Mathematical Quickies
Maintained by Boaz Tsaban
Mathematical quickies are questions in the level of
mathematics college or university students.
These questions where emailed as an experiment to
the teaching assistants at BIU Math&CS dept.
Solutions, as well as
the names of the first to solve appear after the questions.
(All questions were also solved by me, but I do not count that.)

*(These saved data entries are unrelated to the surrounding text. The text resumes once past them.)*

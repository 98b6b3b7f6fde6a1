-- ===== src/Cpip/Served.antt =====
-- What `CPIPSecurityMiddleware` of backend/cpip_provider.py answers.
use minima_pi_net_os.Prelude.{
  text_eq, str_eq, str_beq, nat_eq, ℕ, ◌≡◌, refl, ap, ◌∙◌, String, Str, codes, Bool, true, false,
  some, length, keep, ◌&&◌, ◌||◌, ltb, Result, ok, ◌>>=◌, ◌==◌, if◌then◌else◌,
}
use minima_pi_net_os.Dict.{get, put, has, get-put}
use minima_pi_net_os.Dict.Distinct.{IsDistinct}
use minima_pi_net_os.RateLimiter.{live, timestamps, client_ip}
use minima_pi_net_os.Hsts.{sts, put_all, HeaderDict}
use minima_pi_net_os.Hsts.Headers.{or_else, get-put_all}
use minima_pi_net_os.Cpip.Defense.{Settings, Defense}
use minima_pi_net_os.Cpip.Verdict.{is_blocked, looks_hostile}
use minima_pi_net_os.Cpip.Middleware.{
  Limits, window, Request, Response, State, probe_of, security_headers, is_secure, dressed,
}

security_headers-IsDistinct : (version : Str) → IsDistinct (security_headers version)
unfolding has get str_beq
security_headers-IsDistinct version = (
  refl,
  (refl, (refl, (refl, (refl, (refl, (refl, (refl, (refl, (refl, (refl, (refl, tt))))))))))),
)

-- The value of HSTS, where the request is secure.
abbrev pub sts_value : Str
sts_value = codes "max-age=31536000; includeSubDomains; preload"

pub dressed-headers :
    (version : Str) (r : Request) (response : Response) (name : Str)
    → get name (dressed version r response).headers ≡ (
        if is_secure r && sts == name
        then some sts_value
        else or_else (get name (security_headers version)) (get name response.headers))
unfolding dressed
dressed-headers version r response name = secured (is_secure r)
  where
    headers : HeaderDict
    headers = put_all (security_headers version) response.headers

    secured :
        (secure : Bool)
        → get name (if secure then put sts sts_value headers else headers) ≡ (
            if secure && sts == name
            then some sts_value
            else or_else (get name (security_headers version)) (get name response.headers))
    secured true =
        get-put sts name sts_value headers
        ∙ ap (λ o. if sts == name then some sts_value else o)
            (get-put_all name (security_headers version) response.headers
              (security_headers-IsDistinct version))
    secured false =
        get-put_all name (security_headers version) response.headers
          (security_headers-IsDistinct version)

module _ (s : Settings) (l : Limits) (version : Str) (now : ℕ) (r : Request)
    (call_next : Result Response) (st : State) where
  abbrev addr : String
  addr = client_ip r.client

  abbrev pub is_refused : Bool
  is_refused =
      s.enabled && (is_blocked now addr st.defense || looks_hostile r.path (probe_of r).user_agent)

  -- Fewer requests of the address in the window than the limit.
  abbrev pub has_room : Bool
  has_room = ltb (length (keep (live (window l) now) (timestamps addr st.rate_counts))) l.rate_limit

  -- The application's answer with the middleware's headers.
  abbrev pub passed : Result Response
  passed = call_next >>= λ response. ok (dressed version r response)
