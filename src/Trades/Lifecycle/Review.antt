-- ===== src/Trades/Lifecycle/Review.antt =====
-- Votes, expiry, invalidation, acceptance and the end of a review against the status graph.
use ht_mvp_backend.Prelude.{
  ℕ, ◌+◌, ◌*◌, ◌≡◌, inl, inr, true, not, Option, none, some, List, [], ◌∷◌, any, keep, length, All,
  Option-cases, ◌==◌, leb, sym, refl,
}
use ht_mvp_backend.Rosters.{League, LeagueSettings, get_max_roster_size}
use ht_mvp_backend.Trades.{
  TradeStatus, pending, accepted, in_review, expired, vetoed, is_status, Trade, FailureReason,
  TradeDb, Result, and_then, find_by_id, find_league, matches, with_reason, with_review,
  update_status, update_status_with_reason, set_review_period, Vote, wrong_status, has_voted,
  count_vetoes, not_all_moved, query_refused, player_moved, pick_not_owned, deadline_passed,
  pick_used, round_has_passed,
}
use ht_mvp_backend.Trades.Resolve.{
  is_active_status, updated_or_same, count_and_veto, vote_locked, with_vote, expire_all, try_each,
  invalidatable_trade_statuses, veto_threshold, invalidate_affected_trades,
}
use ht_mvp_backend.Trades.Execute.{
  PlayerMove, PickMove, execute_trade, move_players, move_in_league, check_exceeding,
  transfer_picks, validate_roster_sizes_for_trade, RosterDelta, find_exceeding, roster_deltas,
  is_moved, any_player_missing, any_pick_moved, find_by_trade, player_items, pick_items,
  transfer_all,
}
use ht_mvp_backend.Trades.Accept.{
  process_review_complete, db_of, Processed, skipped, start_review, complete_now, accept_locked,
  was_vetoed, was_failed, was_completed, review_hours, has_passed, deadline_of, is_pick_used,
  is_round_passed, is_review_enabled, complete_or_fail, is_still_in_review,
}
use ht_mvp_backend.Trades.Lifecycle.{
  is_expired, starts_review, completes, completes_review, is_vetoed, fails, Follows, Follows-refl,
  Follows-trans, conditional-Follows,
}
use ht_mvp_backend.Trades.Lifecycle.UseCases.{
  IsKept, FollowsDb, IsKept-reject_if, IsKept-and_then, IsKept-if, same-Follows, throw-Follows,
  skip-Follows, status-Follows, rows-Follows,
}

pub count-Follows :
    (trade_id threshold now : ℕ) (db : TradeDb)
    → IsKept (FollowsDb db.trades) (count_and_veto trade_id threshold now db)
count-Follows trade_id threshold now db =
    IsKept-if (FollowsDb db.trades) (leb threshold (count_vetoes trade_id db.trade_votes)) _
      (inr db)
      (throw-Follows db.trades (update_status trade_id vetoed (some in_review) now db.trades) db (
        status-Follows db.trades db.trades trade_id now in_review vetoed (Follows-refl db.trades)
          is_vetoed))
      (λ e. Follows-refl db.trades)

pub vote-Follows :
    (trade_id roster_id : ℕ) (vote : Vote) (threshold now : ℕ) (db : TradeDb) (t : Trade)
    → IsKept (FollowsDb db.trades) (vote_locked trade_id roster_id vote threshold now db t)
vote-Follows trade_id roster_id vote threshold now db t =
    let here = Follows-refl db.trades in
    IsKept-if (FollowsDb db.trades) (is_status t.status vetoed) _ _ here (λ e.
      IsKept-if (FollowsDb db.trades) (is_status t.status TradeStatus.completed) _ _ here (λ e'.
        IsKept-reject_if (FollowsDb db.trades) (not (is_status t.status in_review)) _ _ (λ e''.
          IsKept-if (FollowsDb db.trades) (has_voted trade_id roster_id db.trade_votes) _ _ here
            (λ new. count-Follows trade_id threshold now (with_vote trade_id roster_id vote db)))))

pub expire-Follows :
    (now : ℕ) (overdue : List Trade) (db : TradeDb)
    → Follows db.trades (expire_all now overdue db).trades
expire-Follows now [] db = Follows-refl db.trades
expire-Follows now (t ∷ overdue) db =
    let db' = updated_or_same (update_status t.id expired (some pending) now db.trades) db in
    Follows-trans db.trades db'.trades _
      (same-Follows db.trades (update_status t.id expired (some pending) now db.trades) db
        (Follows-refl db.trades)
        (status-Follows db.trades db.trades t.id now pending expired (Follows-refl db.trades)
          (is_expired refl)))
      (expire-Follows now overdue db')

try-Follows :
    (trade_id now : ℕ) (statuses : List TradeStatus) (db : TradeDb)
    → All (λ s. is_active_status s ≡ true) statuses
    → Follows db.trades (try_each trade_id now statuses db).trades
try-Follows trade_id now [] db a = Follows-refl db.trades
try-Follows trade_id now (s ∷ statuses) db a =
    elim (Option-cases (update_status trade_id expired (some s) now db.trades)) [
      | inl e ↦ rw e (try-Follows trade_id now statuses db a.1)
      | inr hit ↦ rw hit.1 (
          status-Follows db.trades db.trades trade_id now s expired (Follows-refl db.trades)
            (is_expired a.0) hit.0 hit.1)
    ]

pub invalidate-Follows :
    (now : ℕ) (affected : List Trade) (db : TradeDb)
    → Follows db.trades (invalidate_affected_trades now affected db).trades
unfolding invalidate_affected_trades
invalidate-Follows now [] db = Follows-refl db.trades
invalidate-Follows now (t ∷ affected) db =
    let db' = try_each t.id now invalidatable_trade_statuses db in
    Follows-trans db.trades db'.trades _
      (try-Follows t.id now invalidatable_trade_statuses db (refl, (refl, (refl, tt))))
      (invalidate-Follows now affected db')

pub kept_value : {A : Type 0} (P : A → Type 0) (r : Result A) (a : A) → IsKept P r → r ≡ inr a → P a
kept_value P (inl e) a h eq = absurd cc
kept_value P (inr b) a h eq = let same_value : b ≡ a = cc in rw (sym same_value) h

abbrev pub SameTrades : TradeDb → TradeDb → Type 0
SameTrades db db' = db'.trades ≡ db.trades

checked-SameTrades :
    (o : Option RosterDelta) (db : TradeDb) (rest : Result TradeDb)
    → IsKept (SameTrades db) rest
    → IsKept (SameTrades db) (check_exceeding o rest)
checked-SameTrades none db rest h = h
checked-SameTrades (some d) db rest h = tt

league-SameTrades :
    (o : Option League) (moves : List PlayerMove) (db : TradeDb)
    → IsKept (SameTrades db) (move_in_league o moves db)
league-SameTrades none moves db = tt
league-SameTrades (some league) moves db =
    checked-SameTrades
      (find_exceeding (get_max_roster_size league.settings) db.roster_players (roster_deltas moves))
      db _
      (IsKept-reject_if (SameTrades db) (not db.infers_integers) query_refused _ (λ typed.
        IsKept-reject_if (SameTrades db)
          (not (length (keep (is_moved moves) db.roster_players) == length moves)) not_all_moved _
          (λ e. refl)))

move_players-SameTrades :
    (league_id : ℕ) (moves : List PlayerMove) (db : TradeDb)
    → IsKept (SameTrades db) (move_players league_id moves db)
unfolding move_players
move_players-SameTrades league_id [] db = refl
move_players-SameTrades league_id (m ∷ moves) db =
    IsKept-reject_if (SameTrades db) (any_player_missing (m ∷ moves) db.roster_players) player_moved
      _ (λ e. league-SameTrades (find_league league_id db.leagues) (m ∷ moves) db)

transfer_picks-SameTrades :
    (moves : List PickMove) (db : TradeDb) → IsKept (SameTrades db) (transfer_picks moves db)
unfolding transfer_picks
transfer_picks-SameTrades moves db =
    IsKept-and_then (SameTrades db) (transfer_all moves db.draft_pick_assets) _ (λ assets e. refl)

pub execute_trade-SameTrades :
    (trade : Trade) (db : TradeDb) → IsKept (SameTrades db) (execute_trade trade db)
unfolding execute_trade
execute_trade-SameTrades trade db =
    let items = find_by_trade trade.id db.trade_items in
    IsKept-reject_if (SameTrades db) (any_pick_moved (pick_items items) db.draft_pick_assets)
      pick_not_owned
      (and_then (move_players trade.league_id (player_items items) db)
        (transfer_picks (pick_items items)))
      (λ e.
        IsKept-and_then (SameTrades db) (move_players trade.league_id (player_items items) db)
          (transfer_picks (pick_items items))
          (λ a h.
            let first =
              kept_value (SameTrades db) (move_players trade.league_id (player_items items) db) a
                (move_players-SameTrades trade.league_id (player_items items) db) h in
            rw (sym first) (transfer_picks-SameTrades (pick_items items) a)))

module _ (meanwhile : List Trade → List Trade)
    (lawful : (xs : List Trade) → Follows xs (meanwhile xs)) where
  pub executed-Follows :
      (trade : Trade) (db moved_db : TradeDb)
      → execute_trade trade db ≡ inr moved_db
      → Follows db.trades (meanwhile moved_db.trades)
  executed-Follows trade db moved_db h =
      let eq =
        kept_value (SameTrades db) (execute_trade trade db) moved_db
          (execute_trade-SameTrades trade db) h in
      let first : Follows db.trades moved_db.trades = rw eq (Follows-refl db.trades) in
      Follows-trans db.trades moved_db.trades _ first (lawful moved_db.trades)

  start_review-Follows :
      (settings : Option LeagueSettings) (trade_id now : ℕ) (db : TradeDb)
      → IsKept (FollowsDb db.trades) (start_review settings trade_id now meanwhile db)
  unfolding set_review_period
  start_review-Follows settings trade_id now db =
      let ends = now + review_hours settings * 60 * 60 * 1000 in
      throw-Follows db.trades (set_review_period trade_id now ends (meanwhile db.trades)) db (
        rows-Follows db.trades (matches trade_id (some pending)) (with_review now ends)
          (meanwhile db.trades)
          (Follows-trans db.trades (meanwhile db.trades) _ (lawful db.trades) (
            conditional-Follows (with_review now ends) trade_id pending in_review
              (meanwhile db.trades) (λ x. refl) (λ x. refl) starts_review)))

  complete_now-Follows :
      (trade : Trade) (trade_id now : ℕ) (db : TradeDb)
      → IsKept (FollowsDb db.trades) (complete_now trade trade_id now meanwhile db)
  complete_now-Follows trade trade_id now db =
      IsKept-and_then (FollowsDb db.trades) (execute_trade trade db) _ (λ a h.
        throw-Follows db.trades
          (update_status trade_id TradeStatus.completed (some pending) now (meanwhile a.trades)) a
          (status-Follows db.trades (meanwhile a.trades) trade_id now pending TradeStatus.completed
            (executed-Follows trade db a h) completes))

  pub accept-Follows :
      (league : League) (trade_id now : ℕ) (db : TradeDb) (t : Trade)
      → IsKept (FollowsDb db.trades) (accept_locked league trade_id now meanwhile db t)
  accept-Follows league trade_id now db t =
      let P = FollowsDb db.trades in
      let items = find_by_trade trade_id db.trade_items in
      let picks = pick_items items in
      let players = player_items items in
      IsKept-if P (is_status t.status accepted) _ _ (Follows-refl db.trades) (λ e1.
        IsKept-reject_if P (not (is_status t.status pending)) (wrong_status t.status) _ (λ e2.
          IsKept-reject_if P (has_passed now (deadline_of league.settings)) deadline_passed _ (λ e3.
            IsKept-reject_if P (any_player_missing players db.roster_players) player_moved _ (λ e4.
              IsKept-reject_if P (any_pick_moved picks db.draft_pick_assets) pick_not_owned _ (λ e5.
                IsKept-reject_if P (any (λ m. is_pick_used m.draft_pick_asset_id db) picks)
                  pick_used _
                  (λ e6.
                    IsKept-reject_if P (any (λ m. is_round_passed m.draft_pick_asset_id db) picks)
                      round_has_passed _
                      (λ e7.
                        IsKept-if P (is_review_enabled league.settings) _
                          (complete_now t trade_id now meanwhile db)
                          (start_review-Follows league.settings trade_id now db)
                          (λ e8. complete_now-Follows t trade_id now db))))))))

  fail-Follows :
      (trade : Trade) (now : ℕ) (reason : Option FailureReason) (db : TradeDb)
      → IsKept
          (λ p. Follows db.trades (db_of p).trades)
          (complete_or_fail trade now meanwhile reason db)
  unfolding update_status_with_reason
  fail-Follows trade now (some reason) db =
      skip-Follows db.trades
        (update_status_with_reason trade.id TradeStatus.failed reason (some in_review)
          (meanwhile db.trades))
        (meanwhile db.trades) db (was_failed reason) (lawful db.trades) (λ d. refl)
        (rows-Follows db.trades (matches trade.id (some in_review))
          (with_reason TradeStatus.failed reason) (meanwhile db.trades)
          (Follows-trans db.trades (meanwhile db.trades) _ (lawful db.trades) (
            conditional-Follows (with_reason TradeStatus.failed reason) trade.id in_review
              TradeStatus.failed (meanwhile db.trades) (λ x. refl) (λ x. refl) fails)))
  fail-Follows trade now none db =
      IsKept-and_then (λ p. Follows db.trades (db_of p).trades) (execute_trade trade db) _
        (λ a h.
          let w = executed-Follows trade db a h in
          skip-Follows db.trades
            (update_status trade.id TradeStatus.completed (some in_review) now (meanwhile a.trades))
            (meanwhile a.trades) a was_completed w (λ d. refl)
            (status-Follows db.trades (meanwhile a.trades) trade.id now in_review
              TradeStatus.completed w completes_review))

  pub process-Follows :
      (trade : Trade) (league : League) (now : ℕ) (db : TradeDb)
      → IsKept
          (λ p. Follows db.trades (db_of p).trades)
          (process_review_complete trade league now meanwhile db)
  unfolding process_review_complete
  process-Follows trade league now db =
      let P = λ (p : Processed). Follows db.trades (db_of p).trades in
      IsKept-if P (leb (veto_threshold (some league)) (count_vetoes trade.id db.trade_votes)) _ _
        (skip-Follows db.trades
          (update_status trade.id vetoed (some in_review) now (meanwhile db.trades))
          (meanwhile db.trades) db was_vetoed (lawful db.trades) (λ d. refl)
          (status-Follows db.trades (meanwhile db.trades) trade.id now in_review vetoed
            (lawful db.trades) is_vetoed))
        (λ e.
          IsKept-if P (not (is_still_in_review (find_by_id trade.id db.trades))) (inr (skipped db))
            _ (Follows-refl db.trades)
            (λ e'. fail-Follows trade now (validate_roster_sizes_for_trade trade league db) db))
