-- ===== src/Trades/Propose.antt =====
-- propose-trade.use-case.ts and validate-pick-trade.use-case.ts, under the league's TRADE lock. The notes, chat
-- settings and names that the rows also carry are left out.
use ht_mvp_backend.Prelude.{
  ℕ, zero, suc, ◌+◌, ◌-◌, ◌*◌, inr, Bool, true, false, not, Option, none, some, List, [], ◌∷◌, ◌++◌,
  map, any, length, ◌==◌, ltb, if◌then◌else◌,
}
use ht_mvp_backend.Rosters.{
  RosterPlayer, League, LeagueSettings, get_max_roster_size, find_by_roster_and_player,
  player_count,
}
use ht_mvp_backend.Trades.{
  TradeStatus, pending, countered, accepted, in_review, Trade, TradeItem, player, draft_pick,
  Roster, TradeDb, forbidden, recipient_not_found, own_trade, league_not_found, deadline_passed,
  empty_trade, not_owned, in_pending_trade, player_not_found, wrong_league, pick_asset_not_found,
  pick_not_owned, pick_used, round_has_passed, roster_would_exceed, Result, and_then, reject_if,
  find_by_league_and_user, find_by_league_and_roster_id, find_league, find_pick_asset,
}
use ht_mvp_backend.Trades.Resolve.{found_or_throw, is_active_status, is_item_player}
use ht_mvp_backend.Trades.Accept.{is_pick_used, is_round_passed, has_passed, deadline_of}

pub record ProposeTradeRequest : Type 0 where
  pub recipient_roster_id : ℕ
  pub offering_player_ids : List ℕ
  pub requesting_player_ids : List ℕ
  pub offering_pick_asset_ids : List ℕ
  pub requesting_pick_asset_ids : List ℕ

abbrev pub default_trade_expiry_hours : ℕ
default_trade_expiry_hours = 48

abbrev expiry_or_default : Option ℕ → ℕ
expiry_or_default none = default_trade_expiry_hours
expiry_or_default (some zero) = default_trade_expiry_hours
expiry_or_default (some (suc n)) = suc n

abbrev pub expiry_hours : Option LeagueSettings → ℕ
expiry_hours none = default_trade_expiry_hours
expiry_hours (some settings) = expiry_or_default settings.trade_expiry_hours

abbrev pub is_absent : Option RosterPlayer → Bool
is_absent none = true
is_absent (some row) = false

-- batchValidateRosterPlayers finds one missing
abbrev pub any_missing : ℕ → List ℕ → List RosterPlayer → Bool
any_missing roster_id player_ids rows =
    any (λ p. is_absent (find_by_roster_and_player roster_id p rows)) player_ids

-- an item of an active trade of the league has the player
abbrev pub is_in_active_trade : ℕ → ℕ → TradeDb → Bool
is_in_active_trade league_id player_id db =
    any
      (λ t.
        if t.league_id == league_id
        then (if is_active_status t.status
            then any (is_item_player t.id player_id) db.trade_items
            else false)
        else false)
      db.trades

unfoldable pub validate_players : ℕ → ℕ → List ℕ → TradeDb → Result (Unit {0})
validate_players league_id roster_id player_ids db =
    reject_if (any_missing roster_id player_ids db.roster_players) not_owned (
      reject_if (any (λ p. is_in_active_trade league_id p db) player_ids) in_pending_trade (inr tt))

abbrev pub is_item_asset : ℕ → ℕ → TradeItem → Bool
is_item_asset trade_id asset_id item =
    if item.trade_id == trade_id then same item.draft_pick_asset_id else false
  where
    same : Option ℕ → Bool
    same none = false
    same (some a) = a == asset_id

-- the statuses of isInPendingTrade
abbrev pub holds_picks : TradeStatus → Bool
holds_picks pending = true
holds_picks countered = true
holds_picks accepted = true
holds_picks in_review = true
holds_picks _ = false

abbrev pub is_in_pending_trade : ℕ → TradeDb → Bool
is_in_pending_trade asset_id db =
    any
      (λ t.
        if holds_picks t.status then any (is_item_asset t.id asset_id) db.trade_items else false)
      db.trades

abbrev pub has_draft : Option ℕ → Bool
has_draft none = false
has_draft (some draft_id) = true

unfoldable pub validate_single_pick : ℕ → ℕ → ℕ → TradeDb → Result (Unit {0})
validate_single_pick league_id asset_id expected_owner db =
    and_then (found_or_throw pick_asset_not_found (find_pick_asset asset_id db.draft_pick_assets))
      (λ asset. reject_if (not (asset.league_id == league_id)) wrong_league (
        reject_if (not (asset.current_owner_roster_id == expected_owner)) pick_not_owned (
          reject_if (is_in_pending_trade asset_id db) in_pending_trade (
            reject_if (if has_draft asset.draft_id then is_pick_used asset_id db else false)
              pick_used
              (reject_if (if has_draft asset.draft_id then is_round_passed asset_id db else false)
                round_has_passed (inr tt))))))

abbrev pub validate_picks : ℕ → ℕ → List ℕ → TradeDb → Result (Unit {0})
validate_picks league_id expected_owner [] db = inr tt
validate_picks league_id expected_owner (asset_id ∷ asset_ids) db =
    and_then (validate_single_pick league_id asset_id expected_owner db)
      (λ u. validate_picks league_id expected_owner asset_ids db)

-- a roster that gains players and would have more than the maximum
abbrev would_exceed : ℕ → ℕ → ℕ → ℕ → Bool
would_exceed max_roster_size current_size incoming outgoing =
    if ltb outgoing incoming
    then ltb max_roster_size (current_size + (incoming - outgoing))
    else false

unfoldable pub validate_roster_sizes :
    League → ℕ → ℕ → ProposeTradeRequest → TradeDb → Result (Unit {0})
validate_roster_sizes league proposer_id recipient_id request db =
    let max_roster_size = get_max_roster_size league.settings in
    let offered = length request.offering_player_ids in
    let requested = length request.requesting_player_ids in
    reject_if
      (would_exceed max_roster_size (player_count proposer_id db.roster_players) requested offered)
      (roster_would_exceed proposer_id)
      (reject_if
        (would_exceed max_roster_size (player_count recipient_id db.roster_players) offered
          requested)
        (roster_would_exceed recipient_id) (inr tt))

abbrev pub player_item : ℕ → ℕ → ℕ → ℕ → TradeItem
player_item trade_id from to p = record {
  trade_id = trade_id;
  item_type = player;
  player_id = some p;
  draft_pick_asset_id = none;
  from_roster_id = from;
  to_roster_id = to;
}

abbrev pub pick_item : ℕ → ℕ → ℕ → ℕ → TradeItem
pick_item trade_id from to a = record {
  trade_id = trade_id;
  item_type = draft_pick;
  player_id = none;
  draft_pick_asset_id = some a;
  from_roster_id = from;
  to_roster_id = to;
}

abbrev pub build_items : ℕ → ℕ → ℕ → ProposeTradeRequest → List TradeItem
build_items trade_id proposer_id recipient_id request =
    map (player_item trade_id proposer_id recipient_id) request.offering_player_ids
    ++ (map (player_item trade_id recipient_id proposer_id) request.requesting_player_ids
        ++ (map (pick_item trade_id proposer_id recipient_id) request.offering_pick_asset_ids
            ++ map (pick_item trade_id recipient_id proposer_id) request.requesting_pick_asset_ids))

abbrev pub proposed_trade : ℕ → ℕ → ℕ → ℕ → ℕ → Trade
proposed_trade trade_id league_id proposer_id recipient_id expires_at = record {
  id = trade_id;
  league_id = league_id;
  proposer_roster_id = proposer_id;
  recipient_roster_id = recipient_id;
  status = pending;
  expires_at = expires_at;
  review_starts_at = none;
  review_ends_at = none;
  completed_at = none;
  failure_reason = none;
}

-- the insert of a trade with the next id and of its items; a replayed key inserts nothing
abbrev pub insert_trade :
    List ℕ → Bool → ℕ → ℕ → ℕ → League → ℕ → ℕ → ProposeTradeRequest → TradeDb → Result TradeDb
insert_trade player_ids replayed now trade_id league_id league proposer_id recipient_id request db =
    if replayed
    then inr db
    else reject_if
        (any (λ p. not (any (λ q. q == p) player_ids))
          (request.offering_player_ids ++ request.requesting_player_ids))
        player_not_found
        (inr (record db {
          trades =
              proposed_trade trade_id league_id proposer_id recipient_id
                (now + expiry_hours league.settings * 60 * 60 * 1000)
              ∷ db.trades;
          trade_items = build_items trade_id proposer_id recipient_id request ++ db.trade_items;
        }))

unfoldable pub propose_trade_core :
    List ℕ → Bool → ℕ → ℕ → ℕ → League → ℕ → ℕ → ProposeTradeRequest → TradeDb → Result TradeDb
propose_trade_core player_ids replayed now trade_id league_id league proposer_id recipient_id
      request db =
    and_then (validate_players league_id proposer_id request.offering_player_ids db) (λ a.
      and_then (validate_players league_id recipient_id request.requesting_player_ids db) (λ b.
        and_then (validate_picks league_id proposer_id request.offering_pick_asset_ids db) (λ c.
          and_then (validate_picks league_id recipient_id request.requesting_pick_asset_ids db)
            (λ d. and_then (validate_roster_sizes league proposer_id recipient_id request db) (λ e.
              insert_trade player_ids replayed now trade_id league_id league proposer_id
                recipient_id request db)))))

abbrev is_empty_request : ProposeTradeRequest → Bool
is_empty_request request =
    length request.offering_player_ids
      + length request.requesting_player_ids
      + length request.offering_pick_asset_ids
      + length request.requesting_pick_asset_ids
    == 0

unfoldable propose_to :
    List ℕ → Bool → ℕ → ℕ → ℕ → ProposeTradeRequest → TradeDb → Roster → Roster → Result TradeDb
propose_to player_ids replayed now trade_id league_id request db proposer recipient =
    reject_if (proposer.id == recipient.id) own_trade (
      and_then (found_or_throw league_not_found (find_league league_id db.leagues)) (λ league.
        reject_if (has_passed now (deadline_of league.settings)) deadline_passed (
          reject_if (is_empty_request request) empty_trade (
            propose_trade_core player_ids replayed now trade_id league_id league proposer.id
              recipient.id request db))))

-- `trade_id` is the next id of the sequence, `replayed` whether the idempotency key is on record, and
-- `player_ids` the players table
unfoldable pub propose_trade :
    List ℕ → Bool → ℕ → ℕ → ℕ → ℕ → ProposeTradeRequest → TradeDb → Result TradeDb
unfolding propose_to
propose_trade player_ids replayed now trade_id league_id user_id request db =
    and_then (found_or_throw forbidden (find_by_league_and_user league_id user_id db.rosters))
      (λ proposer.
        and_then
          (found_or_throw recipient_not_found
            (find_by_league_and_roster_id league_id request.recipient_roster_id db.rosters))
          (propose_to player_ids replayed now trade_id league_id request db proposer))
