-- ===== src/Trades/Backed.antt =====
-- The rows of a proposal that is accepted, as executeTrade reads them.
use ht_mvp_backend.Prelude.{ℕ, List, map}
use ht_mvp_backend.Trades.Execute.{PlayerMove, PickMove}

-- What a request asks for: these players, or these picks, from one roster to the other.
abbrev pub moves_of : ℕ → ℕ → List ℕ → List PlayerMove
moves_of from to ps =
    map (λ p. record { player_id = p; from_roster_id = from; to_roster_id = to }) ps

abbrev pub pick_moves_of : ℕ → ℕ → List ℕ → List PickMove
pick_moves_of from to as_ =
    map (λ a. record { draft_pick_asset_id = a; from_roster_id = from; to_roster_id = to }) as_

The quickies are sorted backwards, so that the first quickie you
see is the last one posted.
Quickie number 3
Proposed by Avital Oliver
Assume that A is a nilpotent matrix.
Prove that for each two nonzero matrices B and C,
ABC is not equal to B.
Quickie number 2
Proposed by Misha Sklarz
Prove that it is impossible to write the "mod" function using only
"elementary" algebraic operations: +, -, *, /. As a matter of fact, even
f(x)=x mod 2 cannot be written that way. Same goes for the min and max
functions.
Solution
Any such function is of the form f(x)/g(x) for polynomials f(x),g(x), and
therefore has only finitely many roots. But the mod function has infinitely
many roots.
Solved by:
Avi Mintz, Ohad Lypski.
Quickie number 1
Proposed by Eli Bagnoe
Let P be a point in the plane (RxR).
Prove that there exists a set D of (straight) lines
going through the point P in the plane, which satisfy:
(a) The angle between each two lines in D (measured in degrees, say) is
irrational.
(b) Any line through P which does not belong to D has a rational angle
to some line in D.
Solutions
Avital Oliver's solution.
Look at the group R/Z. Now, R/Z represents the possible angles (the angle x
\in R/Z represents 360x degrees). The question is now specified:
Now, it is trivial to build such a set, and actually to understand all these
possible sets.
Observe Q/Z, which is a subgroup of R/Z. Now, a set A \subset R/Z represents
a solution iff A is a set of coset representatives of Q/Z in R/Z (since Q/Z
is normal in R/Z, of course). Therefore, there are many such sets.
Another solution.
Immediate application of Zorn's lemma.
This solution is less "constructive", that is, both solutions
use the Axiom of Choice, but in the first one we see what actually happens.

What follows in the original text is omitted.